=== Work order ===
With the line containing "append_prime-refused_example : not_stored" as the first line and the last line of the records as the final one, reproduce that range exactly.
Source records START
four_below_limit : at_four.status.frontier_integer + 1 < 2 ^ 64
unfolding find put at sum_where text eq_bytes ◌>>=◌ ◌>>◌ pure check credited credit held
    active_fee_pool_address validate_common unauthorized_set restore_ledger try_ledger
    check_composite_parts check_prime_parts check_composite_candidate check_prime_candidate
    apply_record validate_composite_candidate validate_prime_candidate validate_transaction_batch
    has_validator_epoch_transition has_economic_policy_update check_kind
    validate_record_metadata_version check_metadata to_math_pratt_proof to_legacy_composite_proof
    validate_prime_provider_signature validate_composite_provider_signature apply_composite_ledger
    credit_each credit_discovery credit_rewards clear_pending apply_prime_ledger
    note_validator_participation reset_participants enter_epoch apply_economic_policy
    advance_settings finish_append composite_vote_target prime_vote_target store_record
    store_composite store_prime append_composite append_prime make_stored_composite_record
    prefix_error credit_all apply_each pay_fees apply_transactions is_protocol_address
    validator_fee_pool_address composite_sections serialize_composite_record_internal
    serialize_composite_record prime_sections serialize_prime_record_internal
    legacy_flat_transaction_batch_root transaction_batch_root le_bytes append_uint64 append_hash
    append_string is_development_address contains development_vote_signature check_development_votes
    verify_development_finalization verify_record_finalization uses_subject_record_identity
    is_absent_transition verify_validator_epoch_transition is_zero_hash
    Composite.finalized_record_hash Composite.canonical_stored_record_hash
    Composite.candidate_record_hash Prime.finalized_record_hash Prime.canonical_stored_record_hash
    Prime.candidate_record_hash is_prime check_factors is_product verify_pratt_proof mul_mod_loop
    mul_mod pow_mod_loop pow_mod gcd canonical_loop is_canonical_factorization power_loop
    product_loop multiply_factorization verify_commit_phase_certificate
    verify_composite_lottery_proof verify_genesis_config check_endpoint_updates
    verify_validator_endpoint_updates check_work_bindings verify_validator_work_bindings
    check_applications verify_validator_applications is_absent_policy verify_economic_policy_update
    verify_composite_proof
four_below_limit = omega arith

abbrev unsigned_five : PrimeRecordV0
unsigned_five = record prime_seven {
  version = 0;
  height = 3;
  previous_record_hash = at_four.status.latest_record_hash;
  integer = 5;
  proof = record {
    p = 5;
    witness = 2;
    factors_of_p_minus_1 = record { prime = 2; exponent = 2 } ∷ [];
    provider_address = text "pcdev1_miner";
    signature = [];
  };
  tx_batch = record { transaction_count = 0; transaction_merkle_root = zero_hash };
  transactions = [];
  genesis_config = empty_genesis_config;
  finalized_by = empty_finalization;
}

abbrev five : PrimeRecordV0
five = record unsigned_five {
  finalized_by = record {
    rule = development_finalization_rule;
    round_changes = [];
    votes =
        vote_of (text "pcdev1_validator_a") (Prime.candidate_record_hash toy unsigned_five)
        ∷ (vote_of (text "pcdev1_validator_b") (Prime.candidate_record_hash toy unsigned_five)
            ∷ []);
  };
}

abbrev at_five : SequentialNode
at_five = (append_prime toy stores five at_four).1

five_appended : append_prime toy stores five at_four ≡ (pass, at_five)
unfolding find put at sum_where text eq_bytes ◌>>=◌ ◌>>◌ pure check credited credit held
    active_fee_pool_address validate_common unauthorized_set restore_ledger try_ledger
    check_composite_parts check_prime_parts check_composite_candidate check_prime_candidate
    apply_record validate_composite_candidate validate_prime_candidate validate_transaction_batch
    has_validator_epoch_transition has_economic_policy_update check_kind
    validate_record_metadata_version check_metadata to_math_pratt_proof to_legacy_composite_proof
    validate_prime_provider_signature validate_composite_provider_signature apply_composite_ledger
    credit_each credit_discovery credit_rewards clear_pending apply_prime_ledger
    note_validator_participation reset_participants enter_epoch apply_economic_policy
    advance_settings finish_append composite_vote_target prime_vote_target store_record
    store_composite store_prime append_composite append_prime make_stored_composite_record
    prefix_error credit_all apply_each pay_fees apply_transactions is_protocol_address
    validator_fee_pool_address composite_sections serialize_composite_record_internal
    serialize_composite_record prime_sections serialize_prime_record_internal
    legacy_flat_transaction_batch_root transaction_batch_root le_bytes append_uint64 append_hash
    append_string is_development_address contains development_vote_signature check_development_votes
    verify_development_finalization verify_record_finalization uses_subject_record_identity
    is_absent_transition verify_validator_epoch_transition is_zero_hash
    Composite.finalized_record_hash Composite.canonical_stored_record_hash
    Composite.candidate_record_hash Prime.finalized_record_hash Prime.canonical_stored_record_hash
    Prime.candidate_record_hash is_prime check_factors is_product verify_pratt_proof mul_mod_loop
    mul_mod pow_mod_loop pow_mod gcd canonical_loop is_canonical_factorization power_loop
    product_loop multiply_factorization verify_commit_phase_certificate
    verify_composite_lottery_proof verify_genesis_config check_endpoint_updates
    verify_validator_endpoint_updates check_work_bindings verify_validator_work_bindings
    check_applications verify_validator_applications is_absent_policy verify_economic_policy_update
    verify_composite_proof
five_appended = refl

append_prime-IsNode_example :
    IsNode at_five
    × (at_five.status.frontier_integer ≡ at_four.status.frontier_integer + 1)
    × (at (at_four.status.frontier_integer + 1) at_five.ledger.total_supply ≡ asset_micro_units)
append_prime-IsNode_example =
    append_prime-IsNode toy stores five at_four at_five
      (append_composite-IsNode toy stores four at_three at_four at_three-IsNode (omega arith)
        four_appended).0
      four_below_limit five_appended

abbrev not_stored : SequentialNode
not_stored = (append_prime toy disk_full five at_four).1

five_refused : append_prime toy disk_full five at_four ≡ (err "failed to append record", not_stored)
unfolding find put at sum_where text eq_bytes ◌>>=◌ ◌>>◌ pure check credited credit held
    active_fee_pool_address validate_common unauthorized_set restore_ledger try_ledger
    check_composite_parts check_prime_parts check_composite_candidate check_prime_candidate
    apply_record validate_composite_candidate validate_prime_candidate validate_transaction_batch
    has_validator_epoch_transition has_economic_policy_update check_kind
    validate_record_metadata_version check_metadata to_math_pratt_proof to_legacy_composite_proof
    validate_prime_provider_signature validate_composite_provider_signature apply_composite_ledger
    credit_each credit_discovery credit_rewards clear_pending apply_prime_ledger
    note_validator_participation reset_participants enter_epoch apply_economic_policy
    advance_settings finish_append composite_vote_target prime_vote_target store_record
    store_composite store_prime append_composite append_prime make_stored_composite_record
    prefix_error credit_all apply_each pay_fees apply_transactions is_protocol_address
    validator_fee_pool_address composite_sections serialize_composite_record_internal
    serialize_composite_record prime_sections serialize_prime_record_internal
    legacy_flat_transaction_batch_root transaction_batch_root le_bytes append_uint64 append_hash
    append_string is_development_address contains development_vote_signature check_development_votes
    verify_development_finalization verify_record_finalization uses_subject_record_identity
    is_absent_transition verify_validator_epoch_transition is_zero_hash
    Composite.finalized_record_hash Composite.canonical_stored_record_hash
    Composite.candidate_record_hash Prime.finalized_record_hash Prime.canonical_stored_record_hash
    Prime.candidate_record_hash is_prime check_factors is_product verify_pratt_proof mul_mod_loop
    mul_mod pow_mod_loop pow_mod gcd canonical_loop is_canonical_factorization power_loop
    product_loop multiply_factorization verify_commit_phase_certificate
    verify_composite_lottery_proof verify_genesis_config check_endpoint_updates
    verify_validator_endpoint_updates check_work_bindings verify_validator_work_bindings
    check_applications verify_validator_applications is_absent_policy verify_economic_policy_update
    verify_composite_proof
five_refused = refl

append_prime-refused_example : not_stored ≡ at_four
append_prime-refused_example =
    append_prime-refused toy disk_full five at_four not_stored "failed to append record"
      five_refused

two_records : Run toy 2 at_three at_five
two_records =
    Run.composite stores four 1 at_three at_four at_five four_appended
      (Run.prime stores five 0 at_four at_five at_five five_appended (Run.stop at_five))

Run-IsNode_example : IsNode at_five × (at_five.status.frontier_integer ≡ 3 + 2)
Run-IsNode_example = Run-IsNode toy 2 at_three at_five at_three-IsNode (omega arith) two_records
Source records END
=== The answer ===
append_prime-refused_example : not_stored ≡ at_four
append_prime-refused_example =
    append_prime-refused toy disk_full five at_four not_stored "failed to append record"
      five_refused

two_records : Run toy 2 at_three at_five
two_records =
    Run.composite stores four 1 at_three at_four at_five four_appended
      (Run.prime stores five 0 at_four at_five at_five five_appended (Run.stop at_five))

Run-IsNode_example : IsNode at_five × (at_five.status.frontier_integer ≡ 3 + 2)
Run-IsNode_example = Run-IsNode toy 2 at_three at_five at_three-IsNode (omega arith) two_records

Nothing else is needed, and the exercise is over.